蘇る悪夢

 試合出場から二ヶ月ほど経った日。

 ジムでの練習を終えた唯湖は、帰宅のため夜道を歩いていた。

 最近、ようやく社会復帰のための活動を始めた。何もかもうまくいっている。たまに不快なこともあるが、昔に比べればたいしたことではない。

 そう、あの頃に比べれば……。

 



「唯湖ちゃん、久しぶり。ずいぶんと雰囲気変わったなあ。一瞬、気がつかなかったぜ


 ジムを出て、五分ほど歩いた時だった。いきなり声をかけられ、唯湖の動きは止まった。その声には、聞き覚えがある。

 彼女の記憶を「あの頃」に戻す声だ──


「あのハゲたオヤジとは、どういう関係?」


 夜道に現れたのは、覚醒剤の売人である伊藤誠だった。唯湖を、どん底にたたき落とす原因を作った男……。


「あんたには関係ないし、言いたくもない」


 それだけ言って、足早に立ち去ろうとする。だが、誠は素早く動く。彼女の前に立ち塞がった。

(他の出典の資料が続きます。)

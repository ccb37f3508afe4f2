-- ===== src/Nanopb/Decode/Static.antt =====
-- `decode_static_field` of pb_decode.c.
use answrapp.Common.{ℕ, zero, suc, ◌+◌, ◌*◌, ◌%◌, ◌^◌, ◌&&◌, ltb, leb, ◌==◌, if◌then◌else◌}
use answrapp.Nanopb.Types.{
  Field, ltype, htype, WireType, wt_string, array_overflow, invalid_field_type,
}
use answrapp.Nanopb.Types.Ltype
use answrapp.Nanopb.Types.Htype
use answrapp.Nanopb.Memory.{load}
use answrapp.Nanopb.Iter.{FieldIter}
use answrapp.Nanopb.Decode.{
  done, stuck, Step, ◌>>=◌, ◌>>◌, give, raise, changing, loading, attempt, write_number, remaining,
  enter, open_substream, close_substream, Context, MessageDecoder,
}
use answrapp.Nanopb.Decode.Allocate.{clear_submessage}
use answrapp.Nanopb.Decode.Value.{dec_value}

-- `(char*)p + data_size * (*size)`, a product of 32 bits.
abbrev pub item_address : ℕ → Field → ℕ → ℕ
item_address p field n = (p + field.data_size * n % 2 ^ 32) % 2 ^ 64

-- `*size` and `(*size)++`.
abbrev pub item_count : FieldIter → Step ℕ
item_count iter = loading (λ mem. load mem 4 iter.p_size)

abbrev pub count_item : FieldIter → Step (Unit {0})
count_item iter = do n ← item_count iter; write_number iter.p_size 4 ((n + 1) % 2 ^ 32)

-- One item of a packed array, the item at `n`.
abbrev pub packed_item : (ℕ → Step (Unit {0})) → Field → FieldIter → ℕ → Step (Unit {0})
packed_item func field iter n = do func (item_address iter.p_data field n); count_item iter

-- The loop over a packed array, on the substream.
unfoldable pub packed_items : (ℕ → Step (Unit {0})) → Field → FieldIter → ℕ → Step (Unit {0})
packed_items func field iter zero s = stuck
packed_items func field iter (suc fuel) s =
    let n = load s.store.memory 4 iter.p_size in
    let round = (packed_item func field iter n >> packed_items func field iter fuel) s in
    if ltb 0 s.stream.bytes_left && ltb n field.array_size then round else done tt s

-- A packed array; bytes that are left are an error on the parent stream.
unfoldable pub static_packed : (ℕ → Step (Unit {0})) → Field → FieldIter → Step (Unit {0})
static_packed func field iter = do
  parent ← open_substream
  left ← remaining
  status ← attempt (packed_items func field iter (suc left))
  rest ← remaining
  if rest == 0
      then (close_substream parent >> give status)
      else (enter parent >> raise array_overflow)

-- An item of an array that is not packed.
unfoldable pub static_item : (ℕ → Step (Unit {0})) → Field → FieldIter → Step (Unit {0})
static_item func field iter = do
  n ← item_count iter
  write_number iter.p_size 4 ((n + 1) % 2 ^ 32)
  if leb field.array_size n then raise array_overflow else func (item_address iter.p_data field n)

-- `decode_static_field` with the entry of PB_DECODERS.
unfoldable pub static_field :
    Context → (ℕ → Step (Unit {0})) → WireType → Field → FieldIter → Step (Unit {0})
static_field ctx func wire_type field iter =
    let h = htype field.type in
    let value = func iter.p_data in
    if h == Htype.required
    then value
    else if h == Htype.optional
    then (if iter.p_size == iter.p_data then value else (write_number iter.p_size 1 1 >> value))
    else if h == Htype.repeated
    then (if wire_type == wt_string && leb (ltype field.type) Ltype.last_packable
        then static_packed func field iter
        else static_item func field iter)
    else if h == Htype.oneof
    then (write_number iter.p_size 4 field.tag
        >> (if ltype field.type == Ltype.submessage
            then (changing (clear_submessage ctx field iter.p_data) >> value)
            else value))
    else raise invalid_field_type

unfoldable pub decode_static_field :
    Context → MessageDecoder → MessageDecoder → WireType → Field → FieldIter → Step (Unit {0})
decode_static_field ctx decode decode_noinit wire_type field iter =
    static_field ctx (dec_value ctx decode decode_noinit field) wire_type field iter
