-- ===== src/Nanopb/Decode/Bounds/Items.antt =====
-- Where `decode_static_field` stores.
use answrapp.Common.{
  ℕ, zero, suc, ◌+◌, ◌*◌, ◌%◌, ◌^◌, ◌≤◌, ◌<◌, ◌≡◌, ◌≢◌, refl, inl, inr, true, false, ◌&&◌,
  Bool-cases, arith, ltb, leb, ◌==◌, ==_iff, if◌then◌else◌,
}
use mathlib.Core.Path.{subst}
use answrapp.Nanopb.Types.{
  Field, ltype, htype, atype, WireType, wt_string, array_overflow, invalid_field_type,
}
use answrapp.Nanopb.Types.Ltype
use answrapp.Nanopb.Types.Htype
use answrapp.Nanopb.Types.Atype
use answrapp.Nanopb.Substream.{make_string_substream, close_string_substream}
use answrapp.Nanopb.Memory.{load}
use answrapp.Nanopb.Iter.{FieldIter}
use answrapp.Nanopb.Input.{InStream}
use answrapp.Nanopb.Decode.{
  Step, ◌>>◌, write_number, byte_of, enter, remaining, open_substream, close_substream, Context,
  MessageDecoder,
}
use answrapp.Nanopb.Decode.Value.{dec_value}
use answrapp.Nanopb.Decode.Static.{
  item_address, item_count, packed_item, packed_items, static_packed, static_item, static_field,
  decode_static_field,
}
use answrapp.Nanopb.Decode.Keeps.{
  Keeps, Apart, bind-Keeps, then-Keeps, if-Keeps, reading-Keeps, raise-Keeps, give-Keeps,
  attempt-Keeps, write-Keeps,
}
use answrapp.Nanopb.Decode.Bounds.{IsSized, dec_value-Keeps}

-- The bytes that a static field takes in its structure: those of its data, and those of its size,
-- which are the `has_` flag, the `_count` or the `which_`.
abbrev pub extent : Field → ℕ
extent field =
    if htype field.type == Htype.repeated
    then field.data_size * field.array_size
    else field.data_size

abbrev pub size_width : Field → ℕ
size_width field =
    if htype field.type == Htype.required
    then 0
    else if htype field.type == Htype.optional
    then 1
    else 4

-- An address that is not the field's.
abbrev pub Foreign : Field → FieldIter → ℕ → Type 0
Foreign field iter x = Apart iter.p_data (extent field) x × Apart iter.p_size (size_width field) x

module _ {Free : ℕ → Type 0} where
  pub enter-Keeps : (stream : InStream) → Keeps Free (enter stream)
  enter-Keeps stream = record { keeps = λ s x free. refl }

  pub remaining-Keeps : Keeps Free remaining
  remaining-Keeps = record { keeps = λ s x free. refl }

  pub open_substream-Keeps : Keeps Free open_substream
  unfolding open_substream
  open_substream-Keeps = bind-Keeps (reading-Keeps make_string_substream) enter-Keeps

  pub close_substream-Keeps : (parent : InStream) → Keeps Free (close_substream parent)
  unfolding close_substream
  close_substream-Keeps parent =
      bind-Keeps (enter-Keeps parent)
        (λ substream. reading-Keeps (close_string_substream substream))

module _ (Free : ℕ → Type 0) (field : Field) (iter : FieldIter) (func : ℕ → Step (Unit {0}))
    (counts : (x : ℕ) → Free x → Apart iter.p_size 4 x)
    (item : (n : ℕ)
      → n < field.array_size
      → Keeps Free (func (item_address iter.p_data field n))) where
  item_count-Keeps : Keeps Free (item_count iter)
  item_count-Keeps = record { keeps = λ s x free. refl }

  size_write : (v : ℕ) → Keeps Free (write_number iter.p_size 4 v)
  size_write v = write-Keeps iter.p_size 4 (byte_of v) counts

  round-Keeps :
      (fuel n : ℕ)
      → Keeps Free (packed_items func field iter fuel)
      → n < field.array_size
      → Keeps Free (packed_item func field iter n >> packed_items func field iter fuel)
  round-Keeps fuel n rest lt =
      then-Keeps
        (then-Keeps (item n lt) (bind-Keeps item_count-Keeps (λ m. size_write ((m + 1) % 2 ^ 32))))
        rest

  packed_items-Keeps : (fuel : ℕ) → Keeps Free (packed_items func field iter fuel)
  unfolding packed_items
  packed_items-Keeps zero = record { keeps = λ s x free. tt }
  packed_items-Keeps (suc fuel) = record {
    keeps = λ s x free.
        let n = load s.store.memory 4 iter.p_size in
        elim (Bool-cases (ltb 0 s.stream.bytes_left && ltb n field.array_size)) [
          | inl more ↦
              rw more ((round-Keeps fuel n (packed_items-Keeps fuel) (ground arith)).keeps s x free)
          | inr over ↦ rw over refl
        ];
  }

  static_packed-Keeps : Keeps Free (static_packed func field iter)
  unfolding static_packed
  static_packed-Keeps = bind-Keeps open_substream-Keeps (λ parent.
      bind-Keeps remaining-Keeps (λ left.
        bind-Keeps (attempt-Keeps (packed_items-Keeps (suc left))) (λ status.
          bind-Keeps remaining-Keeps (λ rest.
            if-Keeps (rest == 0)
              (λ e. then-Keeps (close_substream-Keeps parent) (give-Keeps status))
              (λ e. then-Keeps (enter-Keeps parent) (raise-Keeps array_overflow))))))

  static_item-Keeps : Keeps Free (static_item func field iter)
  unfolding static_item
  static_item-Keeps = bind-Keeps item_count-Keeps (λ n. then-Keeps (size_write ((n + 1) % 2 ^ 32)) (
      if-Keeps (leb field.array_size n) (λ e. raise-Keeps array_overflow)
        (λ e. item n (ground arith))))

pub item_end : (d n count : ℕ) → n < count → d * n + d ≤ d * count
item_end d n count lt = grind arith

-- The items of an array without an overflow in their offsets are its own bytes.
pub item-Apart :
    (p o d total x : ℕ)
    → o + d ≤ total
    → total < 2 ^ 32
    → p + total ≤ 2 ^ 64
    → Apart p total x
    → Apart ((p + o % 2 ^ 32) % 2 ^ 64) d x
item-Apart p o zero total x fits small inside apart = ground arith
item-Apart p o (suc d) total x fits small inside apart =
    let at : (p + o % 2 ^ 32) % 2 ^ 64 ≡ p + o = omega arith in rw at (around apart)
  where
    around : Apart p total x → Apart (p + o) (suc d) x
    around (inl lt) = inl (omega arith)
    around (inr ge) = inr (omega arith)

module _ (field : Field) where
  extent_single : (htype field.type == Htype.repeated) ≡ false → extent field ≡ field.data_size
  extent_single e = rw e refl

  extent_array :
      (htype field.type == Htype.repeated) ≡ true
      → extent field ≡ field.data_size * field.array_size
  extent_array e = rw e refl

  -- The size of an optional field is a byte, and that of an array or a union is four.
  width_flag : (htype field.type == Htype.optional) ≡ true → size_width field ≡ 1
  width_flag e = ground arith

  width_count :
      (htype field.type == Htype.required) ≡ false
      → (htype field.type == Htype.optional) ≡ false
      → size_width field ≡ 4
  width_count e f = ground arith

module _ (ctx : Context) (decode decode_noinit : MessageDecoder) (field : Field) (iter : FieldIter)
    (is_static : atype field.type ≡ Atype.static) (plain : ltype field.type ≢ Ltype.submessage)
    (sized : IsSized field) where
  single-Keeps :
      (htype field.type == Htype.repeated) ≡ false
      → Keeps (Foreign field iter) (dec_value ctx decode decode_noinit field iter.p_data)
  single-Keeps single =
      dec_value-Keeps (Foreign field iter) field iter.p_data
        (λ x free. subst (λ k. Apart iter.p_data k x) (extent_single field single) free.0) ctx
        decode decode_noinit is_static plain sized

  item-Keeps :
      (n : ℕ)
      → (htype field.type == Htype.repeated) ≡ true
      → field.data_size * field.array_size < 2 ^ 32
      → iter.p_data + field.data_size * field.array_size ≤ 2 ^ 64
      → n < field.array_size
      → Keeps
          (Foreign field iter)
          (dec_value ctx decode decode_noinit field (item_address iter.p_data field n))
  item-Keeps n array small inside lt =
      dec_value-Keeps (Foreign field iter) field (item_address iter.p_data field n)
        (λ x free.
          item-Apart iter.p_data (field.data_size * n) field.data_size
            (field.data_size * field.array_size) x (item_end field.data_size n field.array_size lt)
            small inside (subst (λ k. Apart iter.p_data k x) (extent_array field array) free.0))
        ctx decode decode_noinit is_static plain sized

  -- On any input, `decode_static_field` for a field that is no submessage stores only in the bytes of
  -- the field: those of its data, `data_size` or for an array `data_size * array_size`, and those of
  -- its size. The array takes less than 2 ^ 32 bytes and lies within 2 ^ 64, and a bool or a
  -- fixed-width number has the `data_size` of its type.
  pub decode_static_field-Keeps :
      (wire_type : WireType)
      → field.data_size * field.array_size < 2 ^ 32
      → iter.p_data + field.data_size * field.array_size ≤ 2 ^ 64
      → Keeps
          (Foreign field iter)
          (decode_static_field ctx decode decode_noinit wire_type field iter)
  unfolding decode_static_field static_field
  decode_static_field-Keeps wire_type small inside =
      let h = htype field.type in
      let func = dec_value ctx decode decode_noinit field in
      if-Keeps (h == Htype.required) (λ e. single-Keeps (ground arith))
        (λ a.
          if-Keeps (h == Htype.optional)
            (λ e.
              if-Keeps (iter.p_size == iter.p_data) (λ _. single-Keeps (ground arith))
                (λ _.
                  then-Keeps
                    (write-Keeps iter.p_size 1 (byte_of 1)
                      (λ x free. subst (λ k. Apart iter.p_size k x) (width_flag field e) free.1))
                    (single-Keeps (ground arith))))
            (λ b.
              let counts = λ (x : ℕ) (free : Foreign field iter x).
                subst (λ k. Apart iter.p_size k x) (width_count field a b) free.1 in
              if-Keeps (h == Htype.repeated)
                (λ e.
                  let item = λ (n : ℕ). item-Keeps n e small inside in
                  if-Keeps (wire_type == wt_string && leb (ltype field.type) Ltype.last_packable)
                    (λ _. static_packed-Keeps (Foreign field iter) field iter func counts item)
                    (λ _. static_item-Keeps (Foreign field iter) field iter func counts item))
                (λ c.
                  if-Keeps (h == Htype.oneof)
                    (λ e. then-Keeps (write-Keeps iter.p_size 4 (byte_of field.tag) counts) (
                      if-Keeps (ltype field.type == Ltype.submessage)
                        (λ s. absurd (plain ((==_iff (ltype field.type) Ltype.submessage).0 s)))
                        (λ _. single-Keeps c)))
                    (λ _. raise-Keeps invalid_field_type))))
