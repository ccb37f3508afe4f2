-- ===== src/Nanopb/Output.antt =====
-- `pb_ostream_t` of pb_encode.h and the functions of pb_encode.c that write to it: `buf_write`,
-- `pb_ostream_from_buffer` and `pb_write`.
pub mod Bounds
pub mod Emits
use answrapp.Common.{
  ℕ, zero, suc, ◌+◌, ◌%◌, ◌^◌, Bool, true, false, ◌||◌, Option, none, some, List, [], ◌∷◌, ◌++◌,
  ltb, leb, ◌==◌, if◌then◌else◌, length,
}
use answrapp.Nanopb.Types.{Error, stream_full, io_error}

-- The callback of a stream together with its state. `sizing` is NULL: nothing is stored.
-- `buffer` is `buf_write` into an array of `capacity` bytes, of which `out` are written.
-- `custom` is a callback of the user, whose answer depends on what was written before, the latest
-- first.
pub data Sink : Type 0 where
  sizing : Sink
  buffer : ℕ → List ℕ → Sink
  custom : (List (List ℕ) → Bool) → List (List ℕ) → Sink

pub record OutStream : Type 0 where
  pub sink : Sink
  pub max_size : ℕ
  pub bytes_written : ℕ
  pub errmsg : Option Error

-- A C function that returns a bool and writes to its stream; `false` is `failed`. `fault` is a
-- write behind the end of the caller's array, or a read through NULL; `stuck` is a loop or a recursion
-- whose fuel has run out.
pub data Written : Type 0 where
  done : OutStream → Written
  failed : OutStream → Written
  fault : Written
  stuck : Written

abbrev pub Encoder : Type 0
Encoder = OutStream → Written

abbrev pub then_write : Written → Encoder → Written
then_write (done s) k = k s
then_write (failed s) k = failed s
then_write fault k = fault
then_write stuck k = stuck

infixl 5 ◌>>◌
abbrev pub ◌>>◌ : Encoder → Encoder → Encoder
◌>>◌ m k s = then_write (m s) k

abbrev pub return_true : Encoder
return_true s = done s

-- PB_RETURN_ERROR.
abbrev pub set_error : Error → OutStream → OutStream
set_error e s = record s { errmsg = elim s.errmsg [ none ↦ some e | some x ↦ some x ] }

abbrev pub raise : Error → Encoder
raise e s = failed (set_error e s)

-- What a call of the callback does with some bytes.
pub data Stored : Type 0 where
  stored : Sink → Stored
  refused : Sink → Stored
  outside : Stored

unfoldable pub store : Sink → List ℕ → Stored
store sizing bytes = outside
store (buffer capacity out) bytes =
    if leb (length out + length bytes) capacity
    then stored (buffer capacity (out ++ bytes))
    else outside
store (custom answer past) bytes =
    if answer (bytes ∷ past)
    then stored (custom answer (bytes ∷ past))
    else refused (custom answer (bytes ∷ past))

abbrev pub is_sizing : Sink → Bool
is_sizing sizing = true
is_sizing (buffer capacity out) = false
is_sizing (custom answer past) = false

-- `bytes_written += count` for a `size_t`.
abbrev pub advance : ℕ → OutStream → OutStream
advance count s = record s { bytes_written = (s.bytes_written + count) % 2 ^ 64 }

abbrev pub commit : Stored → ℕ → Encoder
commit (stored sink) count s = done (advance count (record s { sink = sink }))
commit (refused sink) count s = raise io_error (record s { sink = sink })
commit outside count s = fault

-- The test for room, in `size_t` arithmetic.
abbrev pub is_full : OutStream → ℕ → Bool
is_full s count =
    let total = (s.bytes_written + count) % 2 ^ 64 in
    ltb total s.bytes_written || ltb s.max_size total

-- `pb_write`.
unfoldable pub write : List ℕ → Encoder
write bytes s =
    let count = length bytes in
    if count == 0 || is_sizing s.sink
    then done (advance count s)
    else if is_full s count
    then raise stream_full s
    else commit (store s.sink bytes) count s

-- `pb_write` with NULL for the buffer: the callback would read through it.
unfoldable pub write_null : ℕ → Encoder
write_null count s =
    if count == 0 || is_sizing s.sink
    then done (advance count s)
    else if is_full s count
    then raise stream_full s
    else fault

-- `pb_ostream_from_buffer`, and PB_OSTREAM_SIZING.
abbrev pub ostream_from_buffer : ℕ → ℕ → OutStream
ostream_from_buffer capacity bufsize = record {
  sink = buffer capacity [];
  max_size = bufsize;
  bytes_written = 0;
  errmsg = none;
}

abbrev pub ostream_sizing : OutStream
ostream_sizing = record { sink = sizing; max_size = 0; bytes_written = 0; errmsg = none }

「そんな冷たいこと言うなよ。俺と唯湖ちゃんの仲じゃねえか。それに、唯湖ちゃんの大好きなの、ちゃんとあるよ」


 言いながら、誠がポケットから取り出したもの……それは、切手くらいの大きさのビニール袋だ。中には、氷砂糖のような粉末が入っている。

 これが何であるか、考えるまでもない。覚醒剤の入ったパケ(小さなビニール袋を指すスラング)だ。

 唯湖を泥沼に引きずり込んだ、忌まわしい薬物──


「ほら、無理はしない方がいいぜ。サクッと一発打てば、すぐ極楽気分なんだからよ」


 その言葉は本当だ。これまで、何十回繰り返したことか。

 だが、極楽はすぐに地獄へと変貌する。唯湖は、その事実も嫌というほど知っていた。覚醒剤が効いているうちは、確かに気分がいい。だが、切れた時は一気に地獄へと突き落とされる。不眠や絶食がもたらす幻覚や幻聴、注射器による傷だらけの血管、落ちくぼんだ目、強烈な鬱状態──

 もう、あの頃に戻りたくなかった。だが、手は小刻みに震えている。体は、かつての快感を覚えているのだ。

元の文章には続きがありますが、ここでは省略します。